News was recently reported by several outlets indicating that the panel’s lawmakers now have evidence of her correspondence with John Eastman, a central figure on Donald Trump’s legal team who worked unsuccessfully to convince Mike Pence to interfere in the certification of the 2020 election.

“We think it’s time that we, at some point, invite her to come talk to the committee,” Mr Thompson told reporters on Thursday.

Ms Thomas’s alleged role in the efforts to overturn the election has long been a touchy subject in Washington. The wife of a sitting Supreme Court justice who has never held elected office, her political activities were already a source of criticism given the supposed nonpartisan nature of the court even before January 6, 2021. In general, sitting justices avoid appearing before overtly political groups and taking political causes; Ms Thomas, however, has been a conservative activist for many years even while her husband, Clarence Thomas, has gained his own reputation as one of the court’s most hardline conservatives and member of the right-leaning Federalist Society.

More recently, text messages between Mark Meadows and Ginni Thomas were released by the panel indicating that Ginni Thomas had played an active role in attempting to convince White House staff to go along with then-President Donald Trump’s attempts to overturn the election.

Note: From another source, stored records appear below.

-- ===== src/Validate/Lenient.antt =====
-- internal/validate/timestamp.go: the reading of a timestamp that Python's strptime made.
--
-- Each group of the regular expression is one or two digits in a range, since what follows the
-- group is no digit.
use molebridge.Base.{
  ℕ, ◌+◌, ◌-◌, ◌*◌, Bool, true, false, ◌&&◌, ◌||◌, Option, none, some, [], ◌∷◌, ◌==◌, Text,
  if◌then◌else◌,
}
use molebridge.Validate.Json.{Json, as_string}
use molebridge.Validate.Time.{is_digit, between, build_time, recent_at}

infixl 5 ◌>>=◌
abbrev pub ◌>>=◌ {ℓ κ} : {A : Type ℓ} {B : Type κ} → Option A → (A → Option B) → Option B
none >>= f = none
some a >>= f = f a

-- A number in the range, of one digit or of two, and the separator after it; the first of two may
-- be a space where `padded`.
unfoldable pub field : ℕ → ℕ → Bool → (ℕ → Bool) → Text → Option (ℕ × Text)
field lo hi padded sep (a ∷ b ∷ rest) =
    if is_digit a && (sep b && between lo hi (a - 48)) then some (a - 48, rest) else elim rest [
      | [] ↦ none
      | c ∷ rest' ↦
          if is_digit a && (is_digit b && (sep c && between lo hi ((a - 48) * 10 + (b - 48))))
          then some ((a - 48) * 10 + (b - 48), rest')
          else if padded && (a == 32 && (is_digit b && (sep c && between lo hi (b - 48))))
          then some (b - 48, rest')
          else none
    ]
field lo hi padded sep _ = none

unfoldable pub year_field : Text → Option (ℕ × Text)
year_field (a ∷ b ∷ c ∷ d ∷ s ∷ rest) =
    if is_digit a && (is_digit b && (is_digit c && (is_digit d && s == 45)))
    then some ((a - 48) * 1000 + (b - 48) * 100 + (c - 48) * 10 + (d - 48), rest)
    else none
year_field _ = none

-- A letter in either case.
abbrev pub letter : ℕ → ℕ → Bool
letter upper c = c == upper || c == upper + 32

abbrev pub at_end : Text → Option (Unit {0})
at_end [] = some tt
at_end (_ ∷ _) = none

unfoldable pub lenient_text : Text → Option ℕ
unfolding field year_field build_time
lenient_text s = do
  (y, s1) ← year_field s
  (mo, s2) ← field 1 12 false (λ c. c == 45) s1
  (d, s3) ← field 1 31 true (letter 84) s2
  (h, s4) ← field 0 23 false (λ c. c == 58) s3
  (mi, s5) ← field 0 59 false (λ c. c == 58) s4
  (sec, s6) ← field 0 61 false (letter 90) s5
  _ ← at_end s6
  build_time y mo d h mi sec

-- `parseLenient`
unfoldable pub parse_lenient : {F : Type 0} → Option (Json F) → Option ℕ
unfolding lenient_text
parse_lenient v = elim (as_string v) [ none ↦ none | some s ↦ lenient_text s ]

-- `Recent`
unfoldable pub recent : {F : Type 0} → ℕ → ℕ → Option (Json F) → Bool
unfolding parse_lenient recent_at
recent max now v = recent_at max now (parse_lenient v)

It was further revealed that she had done the same in messages to dozens of GOP-aligned state lawmakers in Arizona, a key swing state that went for Joe Biden in 2020. And she would go on to admit to attending the January 6 ‘Stop the Steal’ rally in Washington DC itself, though she is not believed to have entered the Capitol building during the riot.

Those revelations have struck a serious nerve in Washington as it appears to most observers that Ms Thomas was leveraging prominence that, despite her own career, is due in least part to her husband’s job in her efforts to thwart the will of American voters across the country. There have been calls on the left, particularly among progressives, for Democrats to start demanding that Mr Thomas resign from the Court due to his wife’s role in what many are now calling an overt attempt to overthrow the lawfully-elected president of the United States before his term could even start.

Those calls have not been taken up by lawmakers in DC as of yet, however.

The statement by Mr Thompson on Thursday is also evidence of just how much work the committee intends to do after public hearings conclude in the weeks ahead. The panel is still expected to release a final report on its findings sometime in the months following its final prime time public hearing.

Republicans have continued to denounce the Jan 6 committee’s hearings as theater but have been largely drowned out by the chorus of voices from the Trump campaign and Mr Trump’s own family that the panel have chosen to elevate in recent days rather than deliver their own narratives.